* **TASK TO COMPLETE**
Your reply should consist solely of the number of lines in the data that contain "else".

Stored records
/---

-- ===== src/Index/Key.antt =====
-- The order of the keys of an index: compare_int of util/comparator.cpp, RID::compare of
-- storage/record/record.h and KeyComparator of storage/index/bplus_tree.h. An `int` is its word of
-- 32 bits; page and slot numbers are not negative. The comparison of attributes is a parameter.
pub mod Near
use oceanbase_jp.Prelude.{ℕ, ◌+◌, ◌-◌, ◌%◌, ◌<◌, ◌≤◌, ◌≡◌, ◌↔◌, arith, ltb, ◌==◌, if◌then◌else◌}
use oceanbase_jp.Lang.LowerBound.{Sign, less, equal, greater, compare_ints}
use oceanbase_jp.Record.Page.{Rid}

abbrev pub int_values : ℕ
int_values = 4294967296

abbrev pub int_sign_bit : ℕ
int_sign_bit = 2147483648

-- The sign of an `int`.
unfoldable pub sign_of : ℕ → Sign
sign_of v = if v == 0 then equal else if ltb v int_sign_bit then greater else less

-- `v1 - v2`, which wraps around.
unfoldable pub int_difference : ℕ → ℕ → ℕ
int_difference v1 v2 = (v1 + int_values - v2) % int_values

unfoldable pub compare_int : ℕ → ℕ → Sign
unfolding sign_of int_difference
compare_int v1 v2 = sign_of (int_difference v1 v2)

unfoldable pub rid_compare : Rid → Rid → Sign
unfolding sign_of int_difference
rid_compare rid1 rid2 =
    let page_diff = int_difference rid1.page_num rid2.page_num in
    if page_diff == 0
    then sign_of (int_difference rid1.slot_num rid2.slot_num)
    else sign_of page_diff

-- A key: the value of the attribute, and the place of the record.
pub record Key {ℓ} (A : Type ℓ) : Type ℓ where
  pub attr : A
  pub rid : Rid

-- KeyComparator::operator()
unfoldable pub compare_keys {ℓ} : {A : Type ℓ} → (A → A → Sign) → Key A → Key A → Sign
unfolding rid_compare
compare_keys attr_comparator v1 v2 = elim (attr_comparator v1.attr v2.attr) [
  | equal ↦ rid_compare v1.rid v2.rid
  | less ↦ less
  | greater ↦ greater
]

-- What a search relies on.
pub record IsOrder {ℓ} {A : Type ℓ} (comp : A → A → Sign) : Type ℓ where
  pub same : (a : A) → comp a a ≡ equal
  pub flip_less : (a b : A) → comp a b ≡ less → comp b a ≡ greater
  pub flip_greater : (a b : A) → comp a b ≡ greater → comp b a ≡ less
  pub flip_equal : (a b : A) → comp a b ≡ equal → comp b a ≡ equal
  pub less_less : (a b c : A) → comp a b ≡ less → comp b c ≡ less → comp a c ≡ less
  pub less_equal : (a b c : A) → comp a b ≡ less → comp b c ≡ equal → comp a c ≡ less
  pub equal_less : (a b c : A) → comp a b ≡ equal → comp b c ≡ less → comp a c ≡ less
  pub equal_equal : (a b c : A) → comp a b ≡ equal → comp b c ≡ equal → comp a c ≡ equal

pub compare_ints-IsOrder : IsOrder compare_ints
unfolding compare_ints
compare_ints-IsOrder = record {
  same = λ a. ground arith;
  flip_less = λ a b. ground arith;
  flip_greater = λ a b. ground arith;
  flip_equal = λ a b. ground arith;
  less_less = λ a b c. ground arith;
  less_equal = λ a b c. ground arith;
  equal_less = λ a b c. ground arith;
  equal_equal = λ a b c. ground arith;
}

-- The value of a word as an `int`, above the least one.
unfoldable pub signed : ℕ → ℕ
signed v = (v + int_sign_bit) % int_values

-- On two words, compare_int gives the order of their signed values exactly when the difference of
-- these fits into an `int`.
pub compare_int-iff_fits :
    (v1 v2 : ℕ)
    → v1 < int_values
    → v2 < int_values
    → (compare_int v1 v2 ≡ compare_ints (signed v1) (signed v2))
      ↔ ((signed v1 < signed v2 + int_sign_bit) × (signed v2 ≤ signed v1 + int_sign_bit))
unfolding compare_int compare_ints signed sign_of int_difference
compare_int-iff_fits v1 v2 h1 h2 = ground arith

-- A page or slot number is an `int` that is not negative.
abbrev pub IsPlace : Rid → Type 0
IsPlace r = (r.page_num < int_sign_bit) × (r.slot_num < int_sign_bit)

-- By the page, then by the slot.
unfoldable pub lexical : Rid → Rid → Sign
unfolding compare_ints
lexical a b = elim (compare_ints a.page_num b.page_num) [
  | equal ↦ compare_ints a.slot_num b.slot_num
  | less ↦ less
  | greater ↦ greater
]

-- No difference of places overflows.
pub rid_compare-lexical : (a b : Rid) → IsPlace a → IsPlace b → rid_compare a b ≡ lexical a b
unfolding rid_compare compare_ints sign_of int_difference lexical
rid_compare-lexical a b h k = ground arith

lexical-IsOrder : IsOrder lexical
unfolding compare_ints lexical
lexical-IsOrder = record {
  same = λ a. ground arith;
  flip_less = λ a b. ground arith;
  flip_greater = λ a b. ground arith;
  flip_equal = λ a b. ground arith;
  less_less = λ a b c. ground arith;
  less_equal = λ a b c. ground arith;
  equal_less = λ a b c. ground arith;
  equal_equal = λ a b c. ground arith;
}

-- A key whose record stands at a place.
abbrev pub PlacedKey {ℓ} : Type ℓ → Type ℓ
PlacedKey A = (k : Key A) × IsPlace k.rid

module _ {ℓ} {A : Type ℓ} (attr_comparator : A → A → Sign) where
  abbrev pub compare_placed : PlacedKey A → PlacedKey A → Sign
  compare_placed a b = compare_keys attr_comparator a.0 b.0

  -- If the comparison of attributes is an order, so is the comparison of keys.
  pub compare_keys-IsOrder : IsOrder attr_comparator → IsOrder compare_placed
  unfolding compare_keys
  compare_keys-IsOrder o =
      let l = lexical-IsOrder in
      let by : (a b : PlacedKey A) → rid_compare a.0.rid b.0.rid ≡ lexical a.0.rid b.0.rid =
        λ a b. rid_compare-lexical a.0.rid b.0.rid a.1 b.1 in
      record {
        same = λ a. ground (arith, o.same a.0.attr, l.same a.0.rid, by a a);
        flip_less = λ a b. ground (
          arith,
          o.flip_less a.0.attr b.0.attr,
          o.flip_equal a.0.attr b.0.attr,
          l.flip_less a.0.rid b.0.rid,
          by a b,
          by b a,
        );
        flip_greater = λ a b. ground (
          arith,
          o.flip_greater a.0.attr b.0.attr,
          o.flip_equal a.0.attr b.0.attr,
          l.flip_greater a.0.rid b.0.rid,
          by a b,
          by b a,
        );
        flip_equal = λ a b.
            ground
              (arith, o.flip_equal a.0.attr b.0.attr, l.flip_equal a.0.rid b.0.rid, by a b, by b a);
        less_less = λ a b c. ground (
          arith,
          o.less_less a.0.attr b.0.attr c.0.attr,
          o.less_equal a.0.attr b.0.attr c.0.attr,
          o.equal_less a.0.attr b.0.attr c.0.attr,
          o.equal_equal a.0.attr b.0.attr c.0.attr,
          l.less_less a.0.rid b.0.rid c.0.rid,
          by a b,
          by b c,
          by a c,
        );
        less_equal = λ a b c. ground (
          arith,
          o.less_equal a.0.attr b.0.attr c.0.attr,
          o.equal_equal a.0.attr b.0.attr c.0.attr,
          l.less_equal a.0.rid b.0.rid c.0.rid,
          by a b,
          by b c,
          by a c,
        );
        equal_less = λ a b c. ground (
          arith,
          o.equal_less a.0.attr b.0.attr c.0.attr,
          o.equal_equal a.0.attr b.0.attr c.0.attr,
          l.equal_less a.0.rid b.0.rid c.0.rid,
          by a b,
          by b c,
          by a c,
        );
        equal_equal = λ a b c. ground (
          arith,
          o.equal_equal a.0.attr b.0.attr c.0.attr,
          l.equal_equal a.0.rid b.0.rid c.0.rid,
          by a b,
          by b c,
          by a c,
        );
      }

\---

* **EXERCISE RESPONSE**
3